E i leader destrorsi sembrano averlo intuito, lo si evince da un significativo calo della loro presenza social e mediatica.
Salvini, dopo il capitombolo sulla Nutella, si è assentato dalla scena nazionale già da qualche giorno, cosa inusuale guardando agli ultimi anni, per riservarsi solo piccole comparsate a livello locale (figurati se quello ne approfitta per andare in parlamento a lavorare); sembra che la sua sovraesposizione mediatica, quasi morbosa a dire il vero, stia venendo a noia, come attesterebbero gli ultimi sondaggi che lo vedono sotto il 30%, da un quasi 40% di poco tempo fa.
Giorgetta Meloni nostra, invece, ha cominciato già da prima, probabilmente spaventata dalla parabola discendente dell’alleato verdognolo, non vuole fare la sua stessa fine, nonostante il gradimento in crescita.

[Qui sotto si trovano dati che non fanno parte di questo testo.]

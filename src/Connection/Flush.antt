-- ===== src/Connection/Flush.antt =====
-- `try_flush_buffer` and `stateres`: the write loop ends, with the counts in bounds.
use redis_database_basic_imp.Prelude.{
  ℕ, zero, suc, ◌+◌, ◌-◌, ◌≤◌, ◌<◌, ◌≡◌, refl, sym, ◌∙◌, [], inl, inr, ◌≢◌, Bool, true, false,
  Bool-cases, arith, ltb, leb, if◌then◌else◌, ◌==◌, length, length-take, length-drop, take, drop,
}
use redis_database_basic_imp.Prelude.Bytes.{Bytes}
use redis_database_basic_imp.Prelude.Run.{Run, ok, Returns, Returns-bind}
use redis_database_basic_imp.Request.{slice}
use redis_database_basic_imp.Connection.{
  state_req, state_res, state_end, Conn, Io, done, interrupted, would_block, failed, Kernel, resume,
  write_retry, flushed, try_flush_buffer, stateres,
}
use redis_database_basic_imp.Connection.Step.{HasWritten, IsKernel, IsConn}

leb→le : (a b : ℕ) → leb a b ≡ true → a ≤ b
leb→le a b h = ground arith

req≢res : state_req ≢ state_res
req≢res e = absurd (grind arith)

req≢end : state_end ≢ state_req
req≢end e = absurd (grind arith)

module _ {W : Type 0} (kernel : Kernel W) (budget : W → ℕ) (law : IsKernel kernel budget) where
  abbrev Wrote : ℕ → ℕ → Io ℕ × W → Type 0
  Wrote len b (r, w) = HasWritten len b r (budget w)

  HasWritten-less :
      (len b c b' : ℕ) (r : Io ℕ) → b ≤ c → HasWritten len b r b' → HasWritten len c r b'
  HasWritten-less len b c b' (done n) l h = (h.0, omega (arith, l, h.1))
  HasWritten-less len b c b' interrupted l h = omega (arith, l, h)
  HasWritten-less len b c b' would_block l h = omega (arith, l, h)
  HasWritten-less len b c b' failed l h = omega (arith, l, h)

  retry_lem :
      (len b : ℕ) (again : W → Run (Io ℕ × W)) (r : Io ℕ × W)
      → ((w : W) → budget w < b → Returns (Wrote len (budget w)) (again w))
      → HasWritten len b r.0 (budget r.1)
      → Returns (Wrote len b) (resume r again)
  retry_lem len b again (done n, w) ih h = ((done n, w), refl, h)
  retry_lem len b again (would_block, w) ih h = ((would_block, w), refl, h)
  retry_lem len b again (failed, w) ih h = ((failed, w), refl, h)
  retry_lem len b again (interrupted, w) ih h =
      let (r, run, p) = ih w h in
      (r, run, HasWritten-less len (budget w) b (budget r.1) r.0 (omega (arith, h)) p)

  write_retry_lem :
      (fuel : ℕ) (buf : Bytes) (w : W)
      → budget w < fuel
      → Returns (Wrote (length buf) (budget w)) (write_retry kernel fuel buf w)
  unfolding write_retry
  write_retry_lem zero buf w l = absurd (omega (arith, l))
  write_retry_lem (suc fuel) buf w l =
      retry_lem (length buf) (budget w) (λ w'. write_retry kernel fuel buf w')
        (kernel.sys_write buf w) (λ w' l'. write_retry_lem fuel buf w' (omega (arith, l, l')))
        (law.write_law buf w)

  -- Where the flushing of `c` stops.
  pub record Stopped (c : Conn) (b : ℕ) (r : Conn × W) : Type 0 where
    pub conn : IsConn r.0
    pub kept : r.0.rbuf ≡ c.rbuf
    pub less : budget r.1 ≤ b
    pub paid : r.0.state ≡ state_req → budget r.1 < b

  pub record Flushing (c : Conn) (b : ℕ) (r : Conn × W) : Type 0 where
    pub conn : IsConn r.0
    pub res : r.0.state ≡ state_res
    pub kept : r.0.rbuf ≡ c.rbuf
    pub less : budget r.1 < b

  abbrev Flushed : Conn → ℕ → Bool × (Conn × W) → Type 0
  Flushed c b (true, r) = Flushing c b r
  Flushed c b (false, r) = Stopped c b r

  slice_rest :
      (buf : Bytes) (pos : ℕ)
      → pos ≤ length buf
      → Returns (λ xs. length xs ≡ length buf - pos) (slice buf pos (length buf - pos))
  unfolding slice
  slice_rest buf pos l =
      let inside : ltb (length buf) (pos + (length buf - pos)) ≡ false = ground arith in
      (
        take (length buf - pos) (drop pos buf),
        rw inside refl,
        omega (arith, length-take (length buf - pos) (drop pos buf), length-drop pos buf),
      )

  ended-Stopped :
      (c : Conn) (b : ℕ) (w : W)
      → IsConn c
      → budget w ≤ b
      → Stopped c b (record c { state = state_end }, w)
  ended-Stopped c b w v l = record {
    conn = record {
      bytes = v.bytes;
      read = v.read;
      written = v.written;
      sent = v.sent;
      idle = λ e. absurd (req≢end e);
    };
    kept = refl;
    less = l;
    paid = λ e. absurd (req≢end e);
  }

  sent-leb :
      (c : Conn) (n : ℕ)
      → IsConn c
      → n ≤ length c.wbuf - c.wbuf_sent
      → leb (c.wbuf_sent + n) (length c.wbuf) ≡ true
  sent-leb c n v h = ground (arith, v.sent)

  flushed_lem :
      (c : Conn) (b : ℕ) (r : Io ℕ × W)
      → IsConn c
      → c.state ≡ state_res
      → HasWritten (length c.wbuf - c.wbuf_sent) b r.0 (budget r.1)
      → Returns (Flushed c b) (flushed kernel c r)
  flushed_lem c b (would_block, w) v e h = (
    _,
    refl,
    record { conn = v; kept = refl; less = h; paid = λ q. absurd (req≢res (sym q ∙ e)) },
  )
  flushed_lem c b (interrupted, w) v e h = (_, refl, ended-Stopped c b w v (omega (arith, h)))
  flushed_lem c b (failed, w) v e h = (_, refl, ended-Stopped c b w v h)
  flushed_lem c b (done n, w) v e h = elim (Bool-cases (c.wbuf_sent + n == length c.wbuf)) [
    | inl all ↦ (
      (false, (record c { state = state_req; wbuf = []; wbuf_sent = 0 }, w)),
      rw (sent-leb c n v h.0, all) refl,
      record {
        conn = record {
          bytes = v.bytes;
          read = v.read;
          written = omega arith;
          sent = omega arith;
          idle = λ _. refl;
        };
        kept = refl;
        less = omega (arith, h.1);
        paid = λ _. h.1;
      },
    )
    | inr more ↦ (
      (true, (record c { wbuf_sent = c.wbuf_sent + n }, w)),
      rw (sent-leb c n v h.0, more) refl,
      record {
        conn = record {
          bytes = v.bytes;
          read = v.read;
          written = v.written;
          sent = leb→le (c.wbuf_sent + n) (length c.wbuf) (sent-leb c n v h.0);
          idle = λ q. absurd (req≢res (sym q ∙ e));
        };
        res = e;
        kept = refl;
        less = h.1;
      },
    )
  ]

  try_flush_buffer-Flushed :
      (fuel : ℕ) (c : Conn) (w : W)
      → IsConn c
      → c.state ≡ state_res
      → budget w < fuel
      → Returns (Flushed c (budget w)) (try_flush_buffer kernel fuel c w)
  unfolding try_flush_buffer
  try_flush_buffer-Flushed fuel c w v e l =
      Returns-bind (slice_rest c.wbuf c.wbuf_sent v.sent) λ buf len.
        Returns-bind (write_retry_lem fuel buf w l)
          λ r wrote. flushed_lem c (budget w) r v e (rw (sym len) wrote)

  Stopped-after :
      (c c' : Conn) (b b' : ℕ) (r : Conn × W)
      → c'.rbuf ≡ c.rbuf
      → b' ≤ b
      → Stopped c' b' r
      → Stopped c b r
  Stopped-after c c' b b' r e l s = record {
    conn = s.conn;
    kept = s.kept ∙ e;
    less = omega (arith, s.less, l);
    paid = λ q. omega (arith, s.paid q, l);
  }

  after_flush :
      (c : Conn) (b : ℕ) (loop : Conn → W → Run (Conn × W)) (a : Bool × (Conn × W))
      → ((c' : Conn) (w' : W)
          → IsConn c'
          → c'.state ≡ state_res
          → budget w' < b
          → Returns (Stopped c' (budget w')) (loop c' w'))
      → Flushed c b a
      → Returns (Stopped c b) (if a.0 then loop a.1.0 a.1.1 else ok a.1)
  after_flush c b loop (false, r) ih f = (r, refl, f)
  after_flush c b loop (true, r) ih f =
      let (r', run, s) = ih r.0 r.1 f.conn f.res f.less in
      (r', run, Stopped-after c r.0 b (budget r.1) r' f.kept (omega (arith, f.less)) s)

  -- From a valid connection with a response to send, `stateres` ends within the calls that the
  -- kernel answers, leaves the read buffer alone, and returns to the request state only after a write.
  pub stateres-Stopped :
      (fuel : ℕ) (c : Conn) (w : W)
      → IsConn c
      → c.state ≡ state_res
      → budget w < fuel
      → Returns (Stopped c (budget w)) (stateres kernel fuel c w)
  unfolding stateres
  stateres-Stopped zero c w v e l = absurd (omega (arith, l))
  stateres-Stopped (suc fuel) c w v e l =
      Returns-bind (try_flush_buffer-Flushed (suc fuel) c w v e l) λ a f.
        after_flush c (budget w) (stateres kernel fuel) a
          (λ c' w' v' e' l'. stateres-Stopped fuel c' w' v' e' (omega (arith, l, l'))) f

Casa Pound e tutto il resto della galassia di estrema destra non pervenuti, dopo che hanno stracciato le balle sul nulla per mesi.
A questo si somma la meravigliosa marea delle Sardine che, piaccia o no, è un movimento spontaneo animato soprattutto da giovani che desiderano alternative contemporanee, al passo con i tempi, non vecchi travestiti da giovanotti, che sbandierano slogan e valori vecchi di cent’anni, sia a destra che a sinistra.
Dalle ultime elezioni ad oggi ci siamo sentiti persi in tanti, giustamente preoccupati dall’alba sovranista che adombra l’Europa come l’Italia, ci siamo indignati, abbiamo subito dileggi, abbiamo solidarizzato con le vittime dirette della violenza neofascista-neopopulista, virtuale e reale, ma non ci siamo mai uniti. Ora questi ragazzi ci mostrano la via, la forza della collettività, la coscienza di un’identità antifascista e contro l’ignoranza, il valore della coesione, in contrasto con la retorica del trovare sempre un nemico su cui campare politicamente con pochi sforzi.
Ragazze e ragazzi freschi e speranzosi, convinti, perché non ancora contagiati dal disincanto civile, che fa tanto figo e tanto “la so lunga, io, capisco le cose meglio e prima di voi, son tutte cazzate”, ma poi ti rintana a imprecare da dietro lo schermo del cellulare e mai che si alzi il culo per scendere in piazza a dar voce vera alle proprie posizioni.
Impariamo a leggere la giusta metafora in queste fredde giornate soleggiate di dicembre, dove il freddo sta alle difficoltà di un paese allo stremo, come il sol invictus sta alle nuove generazioni, che non ci stanno a morire dell’apatia che avvolge l’Italia.
Questi ragazzi ci danno quello che hanno, la loro incosciente speranza.
Noi diamogli il nostro supporto consapevole, se lo meritano, è il loro momento ed è più cazzuto del nostro.
D.M.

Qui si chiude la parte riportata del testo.